==== Material for this task

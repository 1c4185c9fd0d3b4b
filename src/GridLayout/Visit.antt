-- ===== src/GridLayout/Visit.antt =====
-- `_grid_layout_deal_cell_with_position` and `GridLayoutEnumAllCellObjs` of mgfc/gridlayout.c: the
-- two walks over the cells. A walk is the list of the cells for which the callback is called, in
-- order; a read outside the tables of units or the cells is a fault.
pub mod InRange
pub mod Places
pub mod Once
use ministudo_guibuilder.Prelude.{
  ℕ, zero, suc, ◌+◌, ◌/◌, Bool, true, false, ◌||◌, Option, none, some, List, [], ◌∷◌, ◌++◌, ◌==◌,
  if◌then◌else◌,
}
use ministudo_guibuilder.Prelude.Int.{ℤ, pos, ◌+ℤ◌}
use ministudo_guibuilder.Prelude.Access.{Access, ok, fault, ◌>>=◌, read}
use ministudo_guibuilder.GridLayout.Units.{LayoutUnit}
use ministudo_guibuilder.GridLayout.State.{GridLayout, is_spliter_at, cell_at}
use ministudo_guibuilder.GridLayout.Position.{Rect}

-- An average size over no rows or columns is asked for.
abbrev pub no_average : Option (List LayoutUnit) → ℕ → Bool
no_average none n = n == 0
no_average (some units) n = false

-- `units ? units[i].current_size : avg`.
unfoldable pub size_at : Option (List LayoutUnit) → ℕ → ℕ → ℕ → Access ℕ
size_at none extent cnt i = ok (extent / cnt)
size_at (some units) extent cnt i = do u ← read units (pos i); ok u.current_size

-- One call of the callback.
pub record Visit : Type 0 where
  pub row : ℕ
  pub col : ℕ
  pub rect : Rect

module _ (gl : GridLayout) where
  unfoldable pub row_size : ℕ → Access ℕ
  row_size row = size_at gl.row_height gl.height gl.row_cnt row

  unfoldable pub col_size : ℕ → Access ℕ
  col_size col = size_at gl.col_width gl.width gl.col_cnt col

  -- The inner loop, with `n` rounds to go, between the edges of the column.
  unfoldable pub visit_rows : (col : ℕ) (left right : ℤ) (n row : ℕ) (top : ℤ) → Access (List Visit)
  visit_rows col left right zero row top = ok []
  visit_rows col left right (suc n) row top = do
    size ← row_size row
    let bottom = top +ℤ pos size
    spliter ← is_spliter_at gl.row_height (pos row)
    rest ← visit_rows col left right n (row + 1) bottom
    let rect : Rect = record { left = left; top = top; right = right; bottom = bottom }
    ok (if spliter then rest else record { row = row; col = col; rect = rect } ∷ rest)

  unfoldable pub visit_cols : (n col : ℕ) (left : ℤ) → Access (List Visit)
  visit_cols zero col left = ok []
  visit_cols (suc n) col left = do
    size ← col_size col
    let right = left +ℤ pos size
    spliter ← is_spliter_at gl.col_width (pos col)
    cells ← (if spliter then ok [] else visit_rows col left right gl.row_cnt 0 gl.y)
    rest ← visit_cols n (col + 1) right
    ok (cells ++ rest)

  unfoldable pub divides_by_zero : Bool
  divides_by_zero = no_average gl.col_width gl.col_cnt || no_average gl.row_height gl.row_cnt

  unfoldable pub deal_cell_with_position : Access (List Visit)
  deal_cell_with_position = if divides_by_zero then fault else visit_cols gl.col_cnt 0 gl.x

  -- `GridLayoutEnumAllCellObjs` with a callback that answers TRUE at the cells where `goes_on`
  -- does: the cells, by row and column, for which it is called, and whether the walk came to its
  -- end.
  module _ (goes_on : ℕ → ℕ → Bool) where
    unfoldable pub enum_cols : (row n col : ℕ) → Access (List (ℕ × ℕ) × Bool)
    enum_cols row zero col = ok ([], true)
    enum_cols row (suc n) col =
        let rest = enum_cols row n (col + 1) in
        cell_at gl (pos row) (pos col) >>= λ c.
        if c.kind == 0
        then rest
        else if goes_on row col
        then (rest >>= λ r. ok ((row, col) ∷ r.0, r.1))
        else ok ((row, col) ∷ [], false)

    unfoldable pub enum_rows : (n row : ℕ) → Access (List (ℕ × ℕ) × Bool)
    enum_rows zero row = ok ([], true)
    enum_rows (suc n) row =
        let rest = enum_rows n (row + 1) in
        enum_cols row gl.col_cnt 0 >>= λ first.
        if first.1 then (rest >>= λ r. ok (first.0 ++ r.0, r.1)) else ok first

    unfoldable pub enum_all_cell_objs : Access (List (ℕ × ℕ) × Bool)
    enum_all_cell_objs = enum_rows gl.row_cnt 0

========

> _Task requirements_:
Nothing in the entries may change. Retype them all.

> _Exercise response_:
repository 1c4185c9fd0d3b4b
filename src/GridLayout/Visit.antt
-- ===== src/GridLayout/Visit.antt =====
-- `_grid_layout_deal_cell_with_position` and `GridLayoutEnumAllCellObjs` of mgfc/gridlayout.c: the
-- two walks over the cells. A walk is the list of the cells for which the callback is called, in
-- order; a read outside the tables of units or the cells is a fault.
pub mod InRange
pub mod Places
pub mod Once
use ministudo_guibuilder.Prelude.{
  ℕ, zero, suc, ◌+◌, ◌/◌, Bool, true, false, ◌||◌, Option, none, some, List, [], ◌∷◌, ◌++◌, ◌==◌,
  if◌then◌else◌,
}
use ministudo_guibuilder.Prelude.Int.{ℤ, pos, ◌+ℤ◌}
use ministudo_guibuilder.Prelude.Access.{Access, ok, fault, ◌>>=◌, read}
use ministudo_guibuilder.GridLayout.Units.{LayoutUnit}
use ministudo_guibuilder.GridLayout.State.{GridLayout, is_spliter_at, cell_at}
use ministudo_guibuilder.GridLayout.Position.{Rect}

-- An average size over no rows or columns is asked for.
abbrev pub no_average : Option (List LayoutUnit) → ℕ → Bool
no_average none n = n == 0
no_average (some units) n = false

-- `units ? units[i].current_size : avg`.
unfoldable pub size_at : Option (List LayoutUnit) → ℕ → ℕ → ℕ → Access ℕ
size_at none extent cnt i = ok (extent / cnt)
size_at (some units) extent cnt i = do u ← read units (pos i); ok u.current_size

-- One call of the callback.
pub record Visit : Type 0 where
  pub row : ℕ
  pub col : ℕ
  pub rect : Rect

module _ (gl : GridLayout) where
  unfoldable pub row_size : ℕ → Access ℕ
  row_size row = size_at gl.row_height gl.height gl.row_cnt row

  unfoldable pub col_size : ℕ → Access ℕ
  col_size col = size_at gl.col_width gl.width gl.col_cnt col

  -- The inner loop, with `n` rounds to go, between the edges of the column.
  unfoldable pub visit_rows : (col : ℕ) (left right : ℤ) (n row : ℕ) (top : ℤ) → Access (List Visit)
  visit_rows col left right zero row top = ok []
  visit_rows col left right (suc n) row top = do
    size ← row_size row
    let bottom = top +ℤ pos size
    spliter ← is_spliter_at gl.row_height (pos row)
    rest ← visit_rows col left right n (row + 1) bottom
    let rect : Rect = record { left = left; top = top; right = right; bottom = bottom }
    ok (if spliter then rest else record { row = row; col = col; rect = rect } ∷ rest)

  unfoldable pub visit_cols : (n col : ℕ) (left : ℤ) → Access (List Visit)
  visit_cols zero col left = ok []
  visit_cols (suc n) col left = do
    size ← col_size col
    let right = left +ℤ pos size
    spliter ← is_spliter_at gl.col_width (pos col)
    cells ← (if spliter then ok [] else visit_rows col left right gl.row_cnt 0 gl.y)
    rest ← visit_cols n (col + 1) right
    ok (cells ++ rest)

  unfoldable pub divides_by_zero : Bool
  divides_by_zero = no_average gl.col_width gl.col_cnt || no_average gl.row_height gl.row_cnt

  unfoldable pub deal_cell_with_position : Access (List Visit)
  deal_cell_with_position = if divides_by_zero then fault else visit_cols gl.col_cnt 0 gl.x

  -- `GridLayoutEnumAllCellObjs` with a callback that answers TRUE at the cells where `goes_on`
  -- does: the cells, by row and column, for which it is called, and whether the walk came to its
  -- end.
  module _ (goes_on : ℕ → ℕ → Bool) where
    unfoldable pub enum_cols : (row n col : ℕ) → Access (List (ℕ × ℕ) × Bool)
    enum_cols row zero col = ok ([], true)
    enum_cols row (suc n) col =
        let rest = enum_cols row n (col + 1) in
        cell_at gl (pos row) (pos col) >>= λ c.
        if c.kind == 0
        then rest
        else if goes_on row col
        then (rest >>= λ r. ok ((row, col) ∷ r.0, r.1))
        else ok ((row, col) ∷ [], false)

    unfoldable pub enum_rows : (n row : ℕ) → Access (List (ℕ × ℕ) × Bool)
    enum_rows zero row = ok ([], true)
    enum_rows (suc n) row =
        let rest = enum_rows n (row + 1) in
        enum_cols row gl.col_cnt 0 >>= λ first.
        if first.1 then (rest >>= λ r. ok (first.0 ++ r.0, r.1)) else ok first

    unfoldable pub enum_all_cell_objs : Access (List (ℕ × ℕ) × Bool)
    enum_all_cell_objs = enum_rows gl.row_cnt 0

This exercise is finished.